Yo tambien soy un aficionado que practicamente estoy empezando aunque llevo unos meses pero de todas las maneras para sacarte de dudas metete en el google y busca "simbologia ó simbolos de electronica" y te salen un monton de paginas con simbolos.


----------



## mawilow (Jul 22, 2006)

muchas gracias por la información, ahora la siguiente duda que tengo es como pido los componentes en la tienda???

nunca he comprado estas cosas y no se como pedirlos, no la quiero cagar, ¿que le digo? dame un LM358N y una resistencia de 10 kilo-ohmnios y otra de ¿key=a 500k_LIM?(no se que quiere decir esto), tambien un condensador de 10 micro faradios y otro de 100 nano faradios. No se si me entendera el de la tienda.
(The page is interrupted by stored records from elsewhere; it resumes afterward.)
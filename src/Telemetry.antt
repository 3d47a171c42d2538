-- ===== src/Telemetry.antt =====
-- The metrics in memory: internal/infra/telemetry/ringbuffer.go and internal/domain/monitoring.
pub mod Ring
pub mod Latest
mod Tests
Otra cosa, en el enlace que me pasas hay dos esquemas de cirutos, ¿el esquema de arriba para que es?, y por lo que veo este amplificador solo es para un altavoz ¿o estoy equivocado?, me gustaria que fuese para dos altavoces, es decir, para que se escuche en estereo. 

gracias de antemano.


----------



## Alfgu (Jul 22, 2006)

vayamos por partes, 
El de la tienda de electronica te va a entender a la perfeccion, si ves que no lo entiendes muy bien imprime el esquema y lo llevas tal cual y el de la tienda te irá dando los componentes o los apuntas en un papel (es lo que hago yo) y luego los vas pinchando para no liarte, en el esquema, cada componente que te da el de la tienda con el que te viene en el esquema.

Siento que solo sea de una salida pero con alguna modificacion que otra ó haciendo otro segundo amplificador se puede solucionar y poder poner dos altavoces.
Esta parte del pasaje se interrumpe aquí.